Like McArdle, Reason magazine's health care writer, Peter Suderman, doesn't quite fall into line for Halbig Truthers. But he infuses Gruber's remarks with the kind of monumental significance he does not accord to any of Gruber's other statements, or the statements of dozens of other key Democratic aides, the director of the Congressional Budget Office, or this former Republican Finance Committee staffer—an “inverse Gruber" if you will.

The appeal of the Halbig-Truther theory is simple. Trying to take health insurance away from five million people on an admitted technicality doesn't wear well. It wears much better if you pretend that's what Obamacare's creators wanted. It also entails asking judges to uphold the law as written and intended, rather than as scolds for legislative syntax and diction. “Liberals feared some states wouldn't set up exchanges, so they deliberately wrote incentives into the law so the states would do so," according the editors of the Wall Street Journal. "This was the conventional liberal wisdom until this year when it suddenly became legally and politically inconvenient for the Administration to admit it."
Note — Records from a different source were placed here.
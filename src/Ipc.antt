-- ===== src/Ipc.antt =====
-- ipc/ipc.c and ipc/ipc_helper.c: how a task sends a message. The pool and the tasks are those of the
-- system bus; tasks and segments are addresses, 0 is NULL. A result is `none` where `nproc` is called
-- through NULL or a task that has none.
pub mod Deliver
use mblue.Common.{
  ℕ, ◌+◌, Bool, true, false, not, ◌&&◌, ◌||◌, Option, none, some, List, [], ◌∷◌, zero, suc, ◌==◌,
  if◌then◌else◌, update,
}
use mblue.Common.Int.{pos, int_eq}
use mblue.Errcode.{Errcode, ok, err_corrupt_mem, err_nomem, err_sysbus}
use mblue.Message.Code.{make_code, get_type}
use mblue.Message.Pool.{Message, MessageList, write, mblue_message_alloc}
use mblue.SystemBus.{Bus, message, mblue_bus, signal, sync_call, async_call, subscribe, call_return}
use mblue.Task.{Task, template_msg_post, template_pend}

-- `struct mblue_ipc` and what `ipc_invoke` reads of the tasks: `segments` is the segments bound to a
-- task, `major` the major number of a segment.
pub record Ipc : Type 0 where
  pub main_task : ℕ
  pub bus : Bus
  pub segments : ℕ → List ℕ
  pub major : ℕ → ℕ

unfoldable pub ipc_init : Ipc → ℕ → Errcode × Ipc
ipc_init ipc task = if task == 0 then (err_sysbus, ipc) else (ok, record ipc { main_task = task })

-- What a sender sees: a code, or it waits in `tpend` for the return of its call.
pub data Sent : Type 0 where
  code : Errcode → Sent
  waits : Sent

-- The union of `extra`, `ipc_return` and `pn`: the last assignment of `init_message` counts.
abbrev pub union_of : ℕ → ℕ → ℕ → ℕ → ℕ
union_of type out extra pn =
    if type == sync_call then out else if type == async_call then pn else extra

unfoldable pub init_message :
    MessageList → ℕ → ℕ → ℕ → ℕ → ℕ → ℕ → ℕ → ℕ → ℕ → ℕ → Option ℕ × MessageList
unfolding mblue_message_alloc make_code
init_message pool task seq type major minor dst input out extra pn =
    let (got, pool') = mblue_message_alloc pool in
    elim got [
      | none ↦ (none, pool')
      | some i ↦ (
        some i,
        write pool' i (record {
          seq = seq;
          ref = if (type == sync_call) || (type == async_call) then 1 else 0;
          code = make_code type major minor;
          src = task;
          dst = dst;
          smart_payload = input;
          extra = union_of type out extra pn;
        }),
      )
    ]

-- The loop over the segments of the main task: the first that is the bus, `none` for a NULL entry.
unfoldable pub find_bus : (ℕ → ℕ) → List ℕ → Option ℕ
find_bus major [] = some 0
find_bus major (zero ∷ rest) = none
find_bus major (suc ms ∷ rest) =
    let later = find_bus major rest in if major (suc ms) == mblue_bus then some (suc ms) else later

abbrev pub set_dst : Bus → ℕ → ℕ → Bus
set_dst bus i ms = record bus { pool = write bus.pool i (record (message bus i) { dst = ms }) }

-- `(src->tpend)(src)` of a synchronous call.
unfoldable pub wait_return : Bus → ℕ → Sent × Bus
unfolding template_pend
wait_return bus src =
    if src == 0 then (code err_sysbus, bus) else elim (template_pend (bus.tasks src)) [
      | none ↦ (waits, bus)
      | some t ↦ (code ok, record bus { tasks = update bus.tasks src t })
    ]

-- `ipc_invoke` from the call of `nproc` on.
unfoldable pub post_message : Bus → ℕ → ℕ → Option (Sent × Bus)
unfolding template_msg_post wait_return get_type
post_message bus dst i =
    if (dst == 0) || not (bus.tasks dst).nproc
    then none
    else (let (rc, t) = template_msg_post (bus.tasks dst) i in
        let posted = record bus { tasks = update bus.tasks dst t } in
        some (
          if not (int_eq rc ok)
          then (code err_sysbus, posted)
          else if get_type (message posted i).code == sync_call
          then wait_return posted (message posted i).src
          else (code ok, posted)))

unfoldable pub ipc_invoke : Ipc → ℕ → Option (Sent × Bus)
unfolding find_bus post_message
ipc_invoke ipc i =
    let ms = (message ipc.bus i).dst in
    if (ms == 0) && (ipc.main_task == 0)
    then none
    else if ms == 0
    then elim (find_bus ipc.major (ipc.segments ipc.main_task)) [
      | none ↦ some (code err_corrupt_mem, ipc.bus)
      | some found ↦
          post_message (if found == 0 then ipc.bus else set_dst ipc.bus i found) ipc.main_task i
    ]
    else post_message ipc.bus (ipc.bus.get_context ms) i

unfoldable pub send_message : Ipc → ℕ → ℕ → ℕ → ℕ → ℕ → ℕ → ℕ → ℕ → ℕ → ℕ → Option (Sent × Bus)
send_message ipc src seq type major minor dst input out extra pn =
    let (got, pool) = init_message ipc.bus.pool src seq type major minor dst input out extra pn in
    let ipc' = record ipc { bus = record ipc.bus { pool = pool } } in
    elim got [ none ↦ some (code err_nomem, ipc'.bus) | some i ↦ ipc_invoke ipc' i ]

-- The calls of ipc_helper.h and ipc_helper.c; `seq` is the answer of `mblue_message_get_sequence`
-- and `context` that of `get_current_context`.
unfoldable pub mblue_subscribe : Ipc → ℕ → ℕ → ℕ → Option (Sent × Bus)
mblue_subscribe ipc seq ms major =
    send_message ipc (ipc.bus.get_context ms) seq subscribe major 0 0 0 0 ms 0

-- The call up to the wait; `out` is the address of the variable that is returned.
unfoldable pub mblue_remote_call : Ipc → ℕ → ℕ → ℕ → ℕ → ℕ → ℕ → Option (Sent × Bus)
mblue_remote_call ipc context seq major minor input out =
    send_message ipc context seq sync_call major minor 0 input out 0 0

-- `pn` is the answer of `mblue_malloc` for the notifier.
unfoldable pub mblue_remote_call_async : Ipc → ℕ → ℕ → ℕ → ℕ → ℕ → ℕ → Option (Sent × Bus)
mblue_remote_call_async ipc context seq major minor input pn =
    if pn == 0
    then some (code err_nomem, ipc.bus)
    else send_message ipc context seq async_call major minor 0 input 0 0 pn

unfoldable pub target_signal : Ipc → ℕ → ℕ → ℕ → ℕ → ℕ → ℕ → ℕ → Option (Sent × Bus)
target_signal ipc source seq major minor dest input extra =
    send_message ipc source seq signal major minor dest input 0 extra 0

unfoldable pub ipc_return : Ipc → ℕ → ℕ → ℕ → ℕ → Option (Sent × Bus)
ipc_return ipc context major seq input =
    send_message ipc context seq call_return major 0 0 input 0 0 0
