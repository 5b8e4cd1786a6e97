-- ===== src/Message/Pool/Conservation.antt =====
-- The pool neither loses nor duplicates a message: the free list and the messages that clients
-- hold are together always the whole pool.
use mathlib.Core.List.{
  Perm, Mem, Nodup, Nodup-nil, Nodup-cons, mem-cons, not-mem-nil, append_assoc, perm_middle,
}
use mathlib.Core.HLevel.{⊥_prop}
use mathlib.Core.Logic.Or
use mathlib.Core.List.Perm
use mathlib.Core.Path.{subst}
use mblue.Common.{
  suc, ℕ, ◌+◌, ◌≤◌, ◌<◌, ◌≡◌, true, false, none, some, List, [], ◌∷◌, ◌++◌, arith, length, sym, ◌∙◌,
  ◌-◌, ap, ◌-◌, ◌⊎◌, inl, inr, refl, update, length-append,
}
use mblue.Message.Pool.{
  MessageList, max_message_num, zero_message, link_from, get_mblue_message_list_instance,
  get_mblue_message, mblue_message_alloc, mblue_message_release,
}

abbrev pub all_messages : List ℕ
all_messages = link_from max_message_num 0 []

-- `used` are the messages that clients hold.
pub record IsPool (l : MessageList) (used : List ℕ) : Type 0 where
  pub is_ready : l.ready ≡ true
  pub counted : l.count ≡ length l.msg_list
  pub whole : Perm (l.msg_list ++ used) all_messages

-- what `mblue_message_alloc` leaves when it hands out the first free message
abbrev pub without_first : MessageList → ℕ → List ℕ → MessageList
without_first l i rest = record l {
  count = l.count - 1;
  msg_list = rest;
  mblue_message_pool = update l.mblue_message_pool i zero_message;
}

module _ {l : MessageList} {used : List ℕ} (v : IsPool l used) where
  -- From a pool with a free message `mblue_message_alloc` takes the one that has been free longest,
  -- and leaves it zeroed; from an exhausted pool it returns NULL and changes nothing.
  pub alloc_cases :
      ((l.msg_list ≡ []) × (mblue_message_alloc l ≡ (none, l)))
      ⊎ ((i : ℕ) × (rest : List ℕ) × (l.msg_list ≡ i ∷ rest)
          × (mblue_message_alloc l ≡ (some i, without_first l i rest)))
  unfolding mblue_message_alloc
  alloc_cases = split l.msg_list refl
    where
      split :
          (free : List ℕ)
          → l.msg_list ≡ free
          → ((l.msg_list ≡ []) × (mblue_message_alloc l ≡ (none, l)))
            ⊎ ((i : ℕ) × (rest : List ℕ) × (l.msg_list ≡ i ∷ rest)
                × (mblue_message_alloc l ≡ (some i, without_first l i rest)))
      split [] e = inl (e, ground (arith, v.is_ready, v.counted))
      split (i ∷ rest) e = inr (i, rest, e, ground (arith, v.is_ready, v.counted))

  without_first-IsPool :
      (i : ℕ) (rest : List ℕ) → l.msg_list ≡ i ∷ rest → IsPool (without_first l i rest) (i ∷ used)
  without_first-IsPool i rest e = record {
    is_ready = v.is_ready;
    counted = omega (arith, v.counted, ap length e);
    whole =
        Perm.trans (perm_middle rest used)
          (subst (λ (xs : List ℕ). Perm (xs ++ used) all_messages) e v.whole);
  }

  -- The call that drops the last reference puts the message at the end of the free list.
  pub release_last :
      (i : ℕ)
      → (l.mblue_message_pool i).ref ≤ 1
      → ((mblue_message_release l i).msg_list ≡ l.msg_list ++ (i ∷ []))
        × ((mblue_message_release l i).count ≡ l.count + 1)
        × ((mblue_message_release l i).ready ≡ true)
  unfolding mblue_message_release
  release_last i h = ground (arith, v.is_ready)

  -- With more references left, only the count of the message falls.
  pub release_shared :
      (i : ℕ)
      → 1 < (l.mblue_message_pool i).ref
      → ((mblue_message_release l i).msg_list ≡ l.msg_list)
        × ((mblue_message_release l i).count ≡ l.count)
        × ((mblue_message_release l i).ready ≡ true)
        × (((mblue_message_release l i).mblue_message_pool i).ref
            ≡ (l.mblue_message_pool i).ref - 1)
  unfolding mblue_message_release
  release_shared i h = ground (arith, v.is_ready)

  release_last-IsPool :
      (i : ℕ) {rest : List ℕ}
      → Perm used (i ∷ rest)
      → (l.mblue_message_pool i).ref ≤ 1
      → IsPool (mblue_message_release l i) rest
  release_last-IsPool i {rest} held h =
      let (listed, count, is_ready) = release_last i h in
      record {
        is_ready = is_ready;
        counted =
            omega (arith, count, v.counted, ap length listed, length-append l.msg_list (i ∷ []));
        whole =
            rw (listed, append_assoc l.msg_list (i ∷ []) rest)
              (Perm.trans (Perm.append_left l.msg_list (Perm.symm held)) v.whole);
      }

  release_shared-IsPool :
      (i : ℕ) → 1 < (l.mblue_message_pool i).ref → IsPool (mblue_message_release l i) used
  release_shared-IsPool i h =
      let (listed, count, is_ready, _) = release_shared i h in
      record {
        is_ready = is_ready;
        counted = omega (arith, count, v.counted, ap length listed);
        whole = rw listed v.whole;
      }

-- The states that clients of the pool reach, with the messages that they hold. A client releases
-- what it holds; a release that drops the last reference ends the holding.
pub data Reach : MessageList → List ℕ → Type 0 where
  start : (l : MessageList) → l.ready ≡ false → Reach (get_mblue_message_list_instance l) []
  alloc :
      {l l' : MessageList} {used : List ℕ} {i : ℕ}
      → Reach l used
      → mblue_message_alloc l ≡ (some i, l')
      → Reach l' (i ∷ used)
  retain :
      {l : MessageList} {used : List ℕ} (i : ℕ) → Reach l used → Reach (get_mblue_message l i) used
  release :
      {l : MessageList} {used rest : List ℕ} (i : ℕ)
      → Reach l used
      → Perm used (i ∷ rest)
      → (l.mblue_message_pool i).ref ≤ 1
      → Reach (mblue_message_release l i) rest
  drop_ref :
      {l : MessageList} {used : List ℕ} (i : ℕ)
      → Reach l used
      → 1 < (l.mblue_message_pool i).ref
      → Reach (mblue_message_release l i) used

start-IsPool : (l : MessageList) → l.ready ≡ false → IsPool (get_mblue_message_list_instance l) []
unfolding get_mblue_message_list_instance link_from
start-IsPool l h =
    rw (h, get_mblue_message_list_instance)
      (record { is_ready = refl; counted = refl; whole = Perm.refl _ })

alloc-IsPool :
    {l l' : MessageList} {used : List ℕ} {i : ℕ}
    → IsPool l used
    → mblue_message_alloc l ≡ (some i, l')
    → IsPool l' (i ∷ used)
alloc-IsPool {l} {l'} {used} {i} v e = elim (alloc_cases v) [
  | inl (_, failed) ↦ cc
  | inr (j, rest, first, got) ↦
      let same : i ≡ j = ground (arith, e, got) in
      let left : l' ≡ without_first l j rest = ap (λ r. r.1) (sym e ∙ got) in
      rw (same, left) (without_first-IsPool v j rest first)
]

retain-IsPool :
    {l : MessageList} {used : List ℕ} (i : ℕ) → IsPool l used → IsPool (get_mblue_message l i) used
unfolding get_mblue_message
retain-IsPool i v = record { is_ready = v.is_ready; counted = v.counted; whole = v.whole }

-- In every state that clients reach, the free messages and the held ones are together the 32
-- messages of the pool, each exactly once, and `count` is the number of free ones.
pub Reach-IsPool : {l : MessageList} {used : List ℕ} → Reach l used → IsPool l used
Reach-IsPool (start l h) = start-IsPool l h
Reach-IsPool (alloc r e) = alloc-IsPool (Reach-IsPool r) e
Reach-IsPool (retain i r) = retain-IsPool i (Reach-IsPool r)
Reach-IsPool (release i r held h) = release_last-IsPool (Reach-IsPool r) i held h
Reach-IsPool (drop_ref i r h) = release_shared-IsPool (Reach-IsPool r) i h

-- Numbers that rise along the list, from `b` on.
abbrev Rises : ℕ → List ℕ → Type 0
Rises b [] = Unit {0}
Rises b (x ∷ xs) = (b ≤ x) × Rises (suc x) xs

not-mem_below : (a b : ℕ) (xs : List ℕ) → Rises b xs → a < b → ¬ (Mem a xs)
not-mem_below a b [] r h m = not-mem-nil m
not-mem_below a b (x ∷ xs) r h m =
    Or.elim ⊥_prop (mem-cons.0 m) (λ e. omega arith) (not-mem_below a (suc x) xs r.1 (omega arith))

Rises-Nodup : (b : ℕ) (xs : List ℕ) → Rises b xs → Nodup xs
Rises-Nodup b [] r = Nodup-nil
Rises-Nodup b (x ∷ xs) r =
    Nodup-cons.1 (not-mem_below x (suc x) xs r.1 (omega arith), Rises-Nodup (suc x) xs r.1)

-- No message is held twice, or held while it is free.
pub Reach-Nodup : {l : MessageList} {used : List ℕ} → Reach l used → Nodup (l.msg_list ++ used)
unfolding link_from
Reach-Nodup r =
    Perm.nodup (Perm.symm (Reach-IsPool r).whole) (Rises-Nodup 0 all_messages (omega arith))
The one thing about conventional wisdom is that it's easy to evince. If this were the “conventional liberal wisdom” the right would have no shortage of smoking guns, let alone just the Gruber imbroglio, which is more like a dribbling water pistol. By contrast, there’s plenty of evidence for the conventional wisdom that, irrespective of statutory text, Democrats intended for subsidies to flow everywhere no matter what, and that Halbig Truthers came to their position out of convenience.

To take yet another example, evidence suggests states were completely silent about the availability of subsidies when deciding whether or not to establish their own exchanges. That’s not how spending power incentives work. Awareness of the incentive is key to its effectiveness. Per Michael Hiltzik, burying the incentive would be like building a Strangelovean doomsday deterrent device and then keeping it a secret from the world.

Even the CATO Institute’s Michael Cannon—an original Halbig Truther—once understood the challenge in Halbig as a referendum on statutory draftsmanship, rather than Congressional intent, until, to coin the Wall Street Journal, it suddenly became legally and politically inconvenient to admit it. In September 2011, he called it a “glitch.” In a December 2011 podcast, Cannon explains to his interlocutor, “It’s not clear whether [universal subsidies] was Congress’ intent. Certainly some people who endorsed—who support Obamacare want the law to operate that way. But that’s not the way the law was drafted, and passed and signed into law by the President…. What the administration’s supporters are arguing is that when Congress’ intent is ambiguous, then the courts will, or should, give deference to the executive branch in interpreting Congress’ intent. But increasingly what the Supreme Court has said is that no, it’s not Congress’ intent that has to be ambiguous for us to give the executive this sort of deference—the language of the law has to be ambiguous.”

Now I think he was being a little bit coy and a little bit too eager. I’d argue that Congress’ intent wasn’t ambiguous at all, and that the language of the law is at worst ambiguous, and, when read in toto, quite clear that residents in every state would get subsidies no matter what. He took the other side of that argument. What he wasn’t doing is asserting that Democrats miscalculated and are now trying to rub erasers over their bad math.

That’s what the Halbig argument has become, though—an attempt to create an epistemological grey area where none existed.

If you’re an activist attempting to dismantle Obamacare by any means necessary, that’s strategery. But if you’re a health care journalist playing along, you’re implicitly repudiating your reportage from 2009 through 2014, and calling your own integrity into question.